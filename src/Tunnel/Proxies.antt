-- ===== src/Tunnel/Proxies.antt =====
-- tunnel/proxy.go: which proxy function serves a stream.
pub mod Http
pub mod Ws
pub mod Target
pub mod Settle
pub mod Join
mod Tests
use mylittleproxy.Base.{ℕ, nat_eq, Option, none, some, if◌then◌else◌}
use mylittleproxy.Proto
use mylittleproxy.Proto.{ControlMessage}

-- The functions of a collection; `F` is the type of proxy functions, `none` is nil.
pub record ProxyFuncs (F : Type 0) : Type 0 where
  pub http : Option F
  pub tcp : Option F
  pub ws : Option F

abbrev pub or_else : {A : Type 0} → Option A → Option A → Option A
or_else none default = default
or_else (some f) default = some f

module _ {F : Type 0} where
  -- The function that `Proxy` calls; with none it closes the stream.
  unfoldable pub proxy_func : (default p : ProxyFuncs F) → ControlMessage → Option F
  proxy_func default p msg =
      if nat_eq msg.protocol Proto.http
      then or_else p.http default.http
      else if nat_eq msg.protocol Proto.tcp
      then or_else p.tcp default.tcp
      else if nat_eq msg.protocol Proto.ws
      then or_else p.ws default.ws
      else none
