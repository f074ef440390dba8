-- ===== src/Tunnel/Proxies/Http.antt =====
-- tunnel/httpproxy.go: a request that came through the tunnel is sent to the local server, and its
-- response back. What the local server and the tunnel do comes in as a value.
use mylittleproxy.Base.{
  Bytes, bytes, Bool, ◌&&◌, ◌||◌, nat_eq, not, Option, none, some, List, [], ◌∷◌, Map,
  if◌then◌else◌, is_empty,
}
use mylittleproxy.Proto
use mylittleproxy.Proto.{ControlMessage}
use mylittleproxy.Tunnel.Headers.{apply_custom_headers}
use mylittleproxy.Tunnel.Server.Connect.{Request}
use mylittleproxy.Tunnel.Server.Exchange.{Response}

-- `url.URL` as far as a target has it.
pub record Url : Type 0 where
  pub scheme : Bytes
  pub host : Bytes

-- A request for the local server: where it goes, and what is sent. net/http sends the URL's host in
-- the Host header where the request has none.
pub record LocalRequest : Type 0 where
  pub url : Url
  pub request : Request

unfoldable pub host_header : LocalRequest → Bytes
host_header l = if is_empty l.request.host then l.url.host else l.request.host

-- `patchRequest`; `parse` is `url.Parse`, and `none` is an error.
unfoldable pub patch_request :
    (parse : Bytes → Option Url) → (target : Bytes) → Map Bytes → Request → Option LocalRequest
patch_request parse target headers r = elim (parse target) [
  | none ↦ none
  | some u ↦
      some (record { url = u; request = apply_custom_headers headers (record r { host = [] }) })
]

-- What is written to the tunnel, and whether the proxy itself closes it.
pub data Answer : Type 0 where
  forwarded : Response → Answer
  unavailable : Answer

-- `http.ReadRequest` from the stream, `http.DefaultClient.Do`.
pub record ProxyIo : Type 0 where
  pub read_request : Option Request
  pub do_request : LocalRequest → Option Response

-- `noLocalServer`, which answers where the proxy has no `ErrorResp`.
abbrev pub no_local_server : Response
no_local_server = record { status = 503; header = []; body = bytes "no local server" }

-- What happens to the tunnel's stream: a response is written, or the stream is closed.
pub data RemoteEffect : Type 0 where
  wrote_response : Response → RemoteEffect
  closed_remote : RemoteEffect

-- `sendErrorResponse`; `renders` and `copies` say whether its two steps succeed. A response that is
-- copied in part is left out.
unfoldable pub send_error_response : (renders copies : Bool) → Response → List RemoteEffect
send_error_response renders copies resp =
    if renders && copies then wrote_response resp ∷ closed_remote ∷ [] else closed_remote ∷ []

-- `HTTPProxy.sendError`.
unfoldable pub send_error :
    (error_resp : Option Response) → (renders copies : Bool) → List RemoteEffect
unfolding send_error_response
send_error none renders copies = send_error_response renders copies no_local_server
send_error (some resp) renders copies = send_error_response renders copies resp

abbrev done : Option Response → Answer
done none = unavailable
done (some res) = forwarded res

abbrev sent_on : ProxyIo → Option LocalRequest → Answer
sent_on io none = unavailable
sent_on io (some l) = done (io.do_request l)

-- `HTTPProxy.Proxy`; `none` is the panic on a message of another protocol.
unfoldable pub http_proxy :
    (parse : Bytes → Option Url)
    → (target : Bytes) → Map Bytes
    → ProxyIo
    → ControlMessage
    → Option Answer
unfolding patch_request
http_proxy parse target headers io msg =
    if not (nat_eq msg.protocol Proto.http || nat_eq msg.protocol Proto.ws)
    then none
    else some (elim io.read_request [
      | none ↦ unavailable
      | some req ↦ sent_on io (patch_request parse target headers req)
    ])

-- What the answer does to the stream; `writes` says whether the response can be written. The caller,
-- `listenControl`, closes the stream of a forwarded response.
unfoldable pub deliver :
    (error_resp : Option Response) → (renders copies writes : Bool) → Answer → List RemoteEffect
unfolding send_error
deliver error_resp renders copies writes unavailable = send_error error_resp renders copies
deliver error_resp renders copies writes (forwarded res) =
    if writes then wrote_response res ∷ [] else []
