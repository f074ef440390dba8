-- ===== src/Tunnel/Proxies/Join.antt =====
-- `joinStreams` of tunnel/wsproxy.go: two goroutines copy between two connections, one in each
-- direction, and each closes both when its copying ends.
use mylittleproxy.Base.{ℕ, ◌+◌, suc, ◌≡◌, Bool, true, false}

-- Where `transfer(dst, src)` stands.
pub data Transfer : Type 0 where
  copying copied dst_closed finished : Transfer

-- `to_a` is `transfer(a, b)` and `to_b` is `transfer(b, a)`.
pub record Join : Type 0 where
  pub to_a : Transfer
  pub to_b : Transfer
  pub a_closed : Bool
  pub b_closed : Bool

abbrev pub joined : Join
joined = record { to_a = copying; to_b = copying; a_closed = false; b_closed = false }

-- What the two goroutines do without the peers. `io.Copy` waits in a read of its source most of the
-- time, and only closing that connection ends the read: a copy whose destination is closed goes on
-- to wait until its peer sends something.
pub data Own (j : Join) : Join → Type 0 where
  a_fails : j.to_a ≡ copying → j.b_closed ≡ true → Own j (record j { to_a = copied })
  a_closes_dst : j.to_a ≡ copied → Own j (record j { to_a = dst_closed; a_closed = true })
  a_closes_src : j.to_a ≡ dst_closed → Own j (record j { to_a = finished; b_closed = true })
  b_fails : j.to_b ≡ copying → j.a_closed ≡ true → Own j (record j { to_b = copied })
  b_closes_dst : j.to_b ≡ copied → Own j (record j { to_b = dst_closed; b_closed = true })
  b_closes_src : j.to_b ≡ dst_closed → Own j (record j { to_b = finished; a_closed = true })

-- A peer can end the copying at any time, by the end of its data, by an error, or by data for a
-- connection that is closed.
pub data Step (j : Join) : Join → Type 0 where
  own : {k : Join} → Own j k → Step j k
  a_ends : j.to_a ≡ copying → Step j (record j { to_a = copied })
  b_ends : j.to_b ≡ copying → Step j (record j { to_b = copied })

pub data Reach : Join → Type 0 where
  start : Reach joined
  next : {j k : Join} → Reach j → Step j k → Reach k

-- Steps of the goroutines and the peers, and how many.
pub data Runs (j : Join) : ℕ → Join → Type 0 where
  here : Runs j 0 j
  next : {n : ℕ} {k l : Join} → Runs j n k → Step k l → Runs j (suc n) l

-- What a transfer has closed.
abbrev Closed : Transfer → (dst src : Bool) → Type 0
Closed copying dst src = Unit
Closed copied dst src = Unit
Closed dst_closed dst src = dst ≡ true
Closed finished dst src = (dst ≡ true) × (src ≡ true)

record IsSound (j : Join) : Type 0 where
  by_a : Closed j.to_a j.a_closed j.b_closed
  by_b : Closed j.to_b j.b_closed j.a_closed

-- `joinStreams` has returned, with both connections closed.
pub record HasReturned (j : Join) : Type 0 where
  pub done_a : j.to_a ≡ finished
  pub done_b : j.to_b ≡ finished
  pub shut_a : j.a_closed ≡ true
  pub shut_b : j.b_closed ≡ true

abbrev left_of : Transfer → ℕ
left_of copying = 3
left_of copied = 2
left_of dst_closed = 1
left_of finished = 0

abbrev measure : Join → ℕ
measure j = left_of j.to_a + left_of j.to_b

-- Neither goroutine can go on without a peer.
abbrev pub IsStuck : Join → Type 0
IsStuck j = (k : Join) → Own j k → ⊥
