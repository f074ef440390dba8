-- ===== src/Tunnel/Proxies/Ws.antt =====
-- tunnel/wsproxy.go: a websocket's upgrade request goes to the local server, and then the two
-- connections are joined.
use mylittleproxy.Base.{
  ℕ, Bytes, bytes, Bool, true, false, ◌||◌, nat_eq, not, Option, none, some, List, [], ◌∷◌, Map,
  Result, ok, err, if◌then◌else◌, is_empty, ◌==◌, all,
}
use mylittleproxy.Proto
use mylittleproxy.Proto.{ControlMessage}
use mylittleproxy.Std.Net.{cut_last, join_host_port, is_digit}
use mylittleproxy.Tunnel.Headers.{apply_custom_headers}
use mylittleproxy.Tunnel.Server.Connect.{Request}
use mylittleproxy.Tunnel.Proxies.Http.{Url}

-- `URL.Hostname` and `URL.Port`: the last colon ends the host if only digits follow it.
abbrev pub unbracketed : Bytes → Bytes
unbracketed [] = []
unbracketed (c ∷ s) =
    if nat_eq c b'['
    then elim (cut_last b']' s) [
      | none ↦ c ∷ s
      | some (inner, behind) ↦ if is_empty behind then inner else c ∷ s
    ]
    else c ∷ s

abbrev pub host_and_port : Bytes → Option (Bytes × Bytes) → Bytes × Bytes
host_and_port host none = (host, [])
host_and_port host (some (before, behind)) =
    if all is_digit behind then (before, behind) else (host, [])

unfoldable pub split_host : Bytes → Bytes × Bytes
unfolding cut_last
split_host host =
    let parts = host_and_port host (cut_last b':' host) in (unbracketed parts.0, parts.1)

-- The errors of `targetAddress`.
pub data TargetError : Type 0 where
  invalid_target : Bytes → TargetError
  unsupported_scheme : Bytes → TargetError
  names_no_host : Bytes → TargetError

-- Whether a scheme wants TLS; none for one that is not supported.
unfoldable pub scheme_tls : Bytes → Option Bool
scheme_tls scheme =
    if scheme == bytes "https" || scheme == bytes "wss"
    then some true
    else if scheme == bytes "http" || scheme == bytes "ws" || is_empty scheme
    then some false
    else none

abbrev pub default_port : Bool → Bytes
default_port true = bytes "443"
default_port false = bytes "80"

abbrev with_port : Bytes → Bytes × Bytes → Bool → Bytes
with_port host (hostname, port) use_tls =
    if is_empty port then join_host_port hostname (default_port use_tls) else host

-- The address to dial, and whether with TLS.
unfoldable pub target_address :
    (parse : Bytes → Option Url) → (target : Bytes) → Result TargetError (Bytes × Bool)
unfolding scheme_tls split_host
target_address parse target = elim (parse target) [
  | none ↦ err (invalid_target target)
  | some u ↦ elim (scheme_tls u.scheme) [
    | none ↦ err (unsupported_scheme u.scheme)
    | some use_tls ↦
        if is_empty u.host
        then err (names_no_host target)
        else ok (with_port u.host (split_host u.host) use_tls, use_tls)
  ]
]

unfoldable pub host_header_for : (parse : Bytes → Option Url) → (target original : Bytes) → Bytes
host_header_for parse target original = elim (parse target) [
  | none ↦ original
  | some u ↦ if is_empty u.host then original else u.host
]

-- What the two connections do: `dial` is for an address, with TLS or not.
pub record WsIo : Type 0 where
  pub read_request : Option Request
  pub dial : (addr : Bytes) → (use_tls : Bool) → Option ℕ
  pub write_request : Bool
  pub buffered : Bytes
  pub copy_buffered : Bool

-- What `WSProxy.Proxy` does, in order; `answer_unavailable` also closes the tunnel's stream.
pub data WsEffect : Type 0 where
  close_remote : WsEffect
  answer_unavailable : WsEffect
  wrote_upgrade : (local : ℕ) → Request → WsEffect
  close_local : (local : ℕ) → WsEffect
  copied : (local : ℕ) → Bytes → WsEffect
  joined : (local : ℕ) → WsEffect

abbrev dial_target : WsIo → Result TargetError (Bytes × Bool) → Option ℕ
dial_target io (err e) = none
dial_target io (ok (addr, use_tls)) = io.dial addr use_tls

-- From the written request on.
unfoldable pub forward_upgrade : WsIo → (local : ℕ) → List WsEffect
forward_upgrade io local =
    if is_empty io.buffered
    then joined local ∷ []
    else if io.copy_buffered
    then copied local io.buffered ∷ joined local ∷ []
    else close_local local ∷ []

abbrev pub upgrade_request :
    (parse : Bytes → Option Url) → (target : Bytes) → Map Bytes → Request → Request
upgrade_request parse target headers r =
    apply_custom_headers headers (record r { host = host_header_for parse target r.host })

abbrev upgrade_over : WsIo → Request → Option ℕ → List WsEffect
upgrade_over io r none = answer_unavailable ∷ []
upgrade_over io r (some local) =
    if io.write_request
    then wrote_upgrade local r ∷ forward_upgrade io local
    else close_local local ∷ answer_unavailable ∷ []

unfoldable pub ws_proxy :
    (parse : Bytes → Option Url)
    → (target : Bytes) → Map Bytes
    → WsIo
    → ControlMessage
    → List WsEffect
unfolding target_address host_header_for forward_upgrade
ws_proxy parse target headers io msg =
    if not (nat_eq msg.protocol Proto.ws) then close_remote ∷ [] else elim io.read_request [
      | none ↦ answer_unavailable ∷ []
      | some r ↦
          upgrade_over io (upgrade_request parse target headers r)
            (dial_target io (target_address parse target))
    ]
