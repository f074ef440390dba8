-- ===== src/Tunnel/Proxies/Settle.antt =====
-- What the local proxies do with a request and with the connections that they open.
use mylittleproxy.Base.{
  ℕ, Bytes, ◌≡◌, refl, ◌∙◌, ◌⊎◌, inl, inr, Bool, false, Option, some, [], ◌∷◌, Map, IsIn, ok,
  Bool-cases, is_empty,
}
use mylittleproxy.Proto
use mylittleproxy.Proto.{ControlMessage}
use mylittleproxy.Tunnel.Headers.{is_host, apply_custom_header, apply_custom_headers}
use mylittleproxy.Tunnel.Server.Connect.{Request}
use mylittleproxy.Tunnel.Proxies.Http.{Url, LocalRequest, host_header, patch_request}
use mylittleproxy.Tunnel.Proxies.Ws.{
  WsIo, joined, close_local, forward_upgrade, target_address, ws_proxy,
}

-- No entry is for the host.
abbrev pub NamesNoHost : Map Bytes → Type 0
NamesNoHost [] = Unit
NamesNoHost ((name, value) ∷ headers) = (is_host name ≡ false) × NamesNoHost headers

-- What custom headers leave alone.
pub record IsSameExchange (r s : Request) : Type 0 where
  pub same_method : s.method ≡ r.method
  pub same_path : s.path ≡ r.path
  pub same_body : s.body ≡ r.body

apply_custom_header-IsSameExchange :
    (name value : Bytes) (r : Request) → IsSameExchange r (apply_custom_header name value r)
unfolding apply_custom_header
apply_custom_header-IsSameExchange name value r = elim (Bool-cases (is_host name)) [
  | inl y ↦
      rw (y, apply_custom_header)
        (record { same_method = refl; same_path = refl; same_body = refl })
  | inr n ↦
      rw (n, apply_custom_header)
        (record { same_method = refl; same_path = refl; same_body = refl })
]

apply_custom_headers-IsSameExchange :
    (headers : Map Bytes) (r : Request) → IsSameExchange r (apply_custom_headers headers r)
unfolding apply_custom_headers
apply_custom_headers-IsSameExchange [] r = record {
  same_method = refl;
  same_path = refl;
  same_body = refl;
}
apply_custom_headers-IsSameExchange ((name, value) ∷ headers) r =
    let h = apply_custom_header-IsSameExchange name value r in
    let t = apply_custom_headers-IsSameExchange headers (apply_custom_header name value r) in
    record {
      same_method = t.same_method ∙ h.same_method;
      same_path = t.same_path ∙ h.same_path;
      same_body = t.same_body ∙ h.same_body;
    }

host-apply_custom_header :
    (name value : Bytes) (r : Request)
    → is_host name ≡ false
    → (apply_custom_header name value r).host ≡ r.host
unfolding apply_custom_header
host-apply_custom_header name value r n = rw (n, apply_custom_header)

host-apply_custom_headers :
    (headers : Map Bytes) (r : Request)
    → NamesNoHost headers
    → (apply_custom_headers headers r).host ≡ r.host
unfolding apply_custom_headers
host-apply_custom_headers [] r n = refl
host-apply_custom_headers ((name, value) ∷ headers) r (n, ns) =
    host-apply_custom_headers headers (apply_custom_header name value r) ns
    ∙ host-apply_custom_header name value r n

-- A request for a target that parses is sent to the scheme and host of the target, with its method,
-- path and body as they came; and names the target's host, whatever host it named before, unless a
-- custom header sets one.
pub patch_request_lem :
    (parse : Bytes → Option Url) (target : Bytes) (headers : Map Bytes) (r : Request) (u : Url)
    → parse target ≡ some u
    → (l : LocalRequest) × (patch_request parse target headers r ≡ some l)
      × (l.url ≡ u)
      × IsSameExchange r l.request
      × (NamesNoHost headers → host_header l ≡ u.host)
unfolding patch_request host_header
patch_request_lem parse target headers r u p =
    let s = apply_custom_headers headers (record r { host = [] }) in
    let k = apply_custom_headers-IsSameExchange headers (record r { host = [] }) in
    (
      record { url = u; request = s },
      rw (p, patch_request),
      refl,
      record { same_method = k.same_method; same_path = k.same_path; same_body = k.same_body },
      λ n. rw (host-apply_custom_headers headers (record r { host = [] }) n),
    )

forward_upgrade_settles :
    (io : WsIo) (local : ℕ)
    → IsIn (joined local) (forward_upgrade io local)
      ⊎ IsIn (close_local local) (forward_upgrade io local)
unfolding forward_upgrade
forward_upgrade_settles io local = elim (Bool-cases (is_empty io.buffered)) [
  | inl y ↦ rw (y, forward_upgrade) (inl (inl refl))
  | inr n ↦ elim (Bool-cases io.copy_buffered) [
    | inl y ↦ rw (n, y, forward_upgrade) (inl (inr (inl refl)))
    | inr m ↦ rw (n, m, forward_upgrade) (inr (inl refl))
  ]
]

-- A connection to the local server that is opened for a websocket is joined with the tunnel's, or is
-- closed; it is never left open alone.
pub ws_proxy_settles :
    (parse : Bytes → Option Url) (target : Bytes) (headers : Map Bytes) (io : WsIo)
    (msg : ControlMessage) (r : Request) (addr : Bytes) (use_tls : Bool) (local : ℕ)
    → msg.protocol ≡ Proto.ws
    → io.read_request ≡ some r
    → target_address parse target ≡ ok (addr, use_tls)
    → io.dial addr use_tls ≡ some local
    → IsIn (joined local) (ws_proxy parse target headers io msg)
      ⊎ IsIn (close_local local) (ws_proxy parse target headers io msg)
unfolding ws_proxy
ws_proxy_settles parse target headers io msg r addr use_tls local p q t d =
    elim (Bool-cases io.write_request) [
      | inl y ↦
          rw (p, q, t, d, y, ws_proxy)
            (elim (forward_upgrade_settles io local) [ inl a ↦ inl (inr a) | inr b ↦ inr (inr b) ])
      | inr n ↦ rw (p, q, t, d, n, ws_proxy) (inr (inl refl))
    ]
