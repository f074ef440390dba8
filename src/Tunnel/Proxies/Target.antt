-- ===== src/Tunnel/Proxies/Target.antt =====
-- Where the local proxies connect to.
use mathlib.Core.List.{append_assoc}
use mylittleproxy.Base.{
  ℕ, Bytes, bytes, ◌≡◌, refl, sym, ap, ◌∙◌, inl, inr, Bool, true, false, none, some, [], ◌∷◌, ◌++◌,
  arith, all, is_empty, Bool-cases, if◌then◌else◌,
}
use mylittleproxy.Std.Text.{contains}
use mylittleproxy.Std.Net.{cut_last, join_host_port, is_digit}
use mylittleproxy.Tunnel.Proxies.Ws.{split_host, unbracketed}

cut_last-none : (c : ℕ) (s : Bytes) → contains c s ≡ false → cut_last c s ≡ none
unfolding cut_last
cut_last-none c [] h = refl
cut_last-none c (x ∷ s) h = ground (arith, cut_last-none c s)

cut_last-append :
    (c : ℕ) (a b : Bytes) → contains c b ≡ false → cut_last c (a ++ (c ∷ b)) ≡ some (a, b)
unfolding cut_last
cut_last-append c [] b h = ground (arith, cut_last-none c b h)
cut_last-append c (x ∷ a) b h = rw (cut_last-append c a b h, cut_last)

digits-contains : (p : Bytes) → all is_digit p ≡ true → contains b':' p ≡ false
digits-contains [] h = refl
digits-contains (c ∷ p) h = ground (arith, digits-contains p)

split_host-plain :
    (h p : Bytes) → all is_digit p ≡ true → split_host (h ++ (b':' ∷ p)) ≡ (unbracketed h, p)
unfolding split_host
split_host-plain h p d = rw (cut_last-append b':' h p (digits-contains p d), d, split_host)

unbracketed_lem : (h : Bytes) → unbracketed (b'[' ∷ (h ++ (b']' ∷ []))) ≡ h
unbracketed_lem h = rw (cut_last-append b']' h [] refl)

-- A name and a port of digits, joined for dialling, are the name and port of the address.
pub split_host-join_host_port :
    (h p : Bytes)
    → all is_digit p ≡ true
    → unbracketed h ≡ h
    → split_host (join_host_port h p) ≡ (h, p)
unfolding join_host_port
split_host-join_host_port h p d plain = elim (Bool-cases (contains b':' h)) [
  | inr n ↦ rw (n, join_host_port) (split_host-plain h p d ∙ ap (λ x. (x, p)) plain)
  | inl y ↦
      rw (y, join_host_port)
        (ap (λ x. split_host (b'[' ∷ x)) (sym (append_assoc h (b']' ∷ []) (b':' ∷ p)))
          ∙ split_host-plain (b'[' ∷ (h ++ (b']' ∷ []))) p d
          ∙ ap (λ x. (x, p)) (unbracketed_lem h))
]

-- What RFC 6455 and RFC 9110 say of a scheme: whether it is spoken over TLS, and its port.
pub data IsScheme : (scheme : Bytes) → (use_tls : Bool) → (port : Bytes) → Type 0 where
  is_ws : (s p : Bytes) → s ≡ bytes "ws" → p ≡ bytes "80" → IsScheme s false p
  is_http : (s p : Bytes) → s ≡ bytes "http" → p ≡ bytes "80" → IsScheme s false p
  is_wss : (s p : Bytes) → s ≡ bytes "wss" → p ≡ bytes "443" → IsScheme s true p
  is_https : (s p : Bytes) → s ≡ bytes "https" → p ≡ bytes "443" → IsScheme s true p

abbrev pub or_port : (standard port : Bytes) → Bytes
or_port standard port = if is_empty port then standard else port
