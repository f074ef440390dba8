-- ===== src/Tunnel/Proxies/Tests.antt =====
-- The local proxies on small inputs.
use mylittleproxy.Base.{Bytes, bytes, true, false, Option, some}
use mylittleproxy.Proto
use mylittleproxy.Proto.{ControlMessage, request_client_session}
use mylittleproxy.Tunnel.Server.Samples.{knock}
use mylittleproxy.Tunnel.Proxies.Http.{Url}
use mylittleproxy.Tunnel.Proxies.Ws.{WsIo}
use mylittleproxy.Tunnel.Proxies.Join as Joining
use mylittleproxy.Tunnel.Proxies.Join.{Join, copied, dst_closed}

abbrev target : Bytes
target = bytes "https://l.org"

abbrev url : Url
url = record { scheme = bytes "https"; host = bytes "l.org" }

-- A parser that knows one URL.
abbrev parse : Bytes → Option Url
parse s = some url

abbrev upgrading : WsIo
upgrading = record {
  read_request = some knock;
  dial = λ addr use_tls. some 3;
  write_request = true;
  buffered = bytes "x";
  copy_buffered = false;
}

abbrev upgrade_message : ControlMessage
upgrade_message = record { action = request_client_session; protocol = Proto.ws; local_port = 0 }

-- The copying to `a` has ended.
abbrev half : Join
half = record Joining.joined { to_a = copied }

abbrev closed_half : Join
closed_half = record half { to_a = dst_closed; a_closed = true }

Your task ->
Above are the records; copy every line in them that holds the word "arith".

Result of the task ->
  arith, all, is_empty, Bool-cases, if◌then◌else◌,
cut_last-none c (x ∷ s) h = ground (arith, cut_last-none c s)
cut_last-append c [] b h = ground (arith, cut_last-none c b h)
digits-contains (c ∷ p) h = ground (arith, digits-contains p)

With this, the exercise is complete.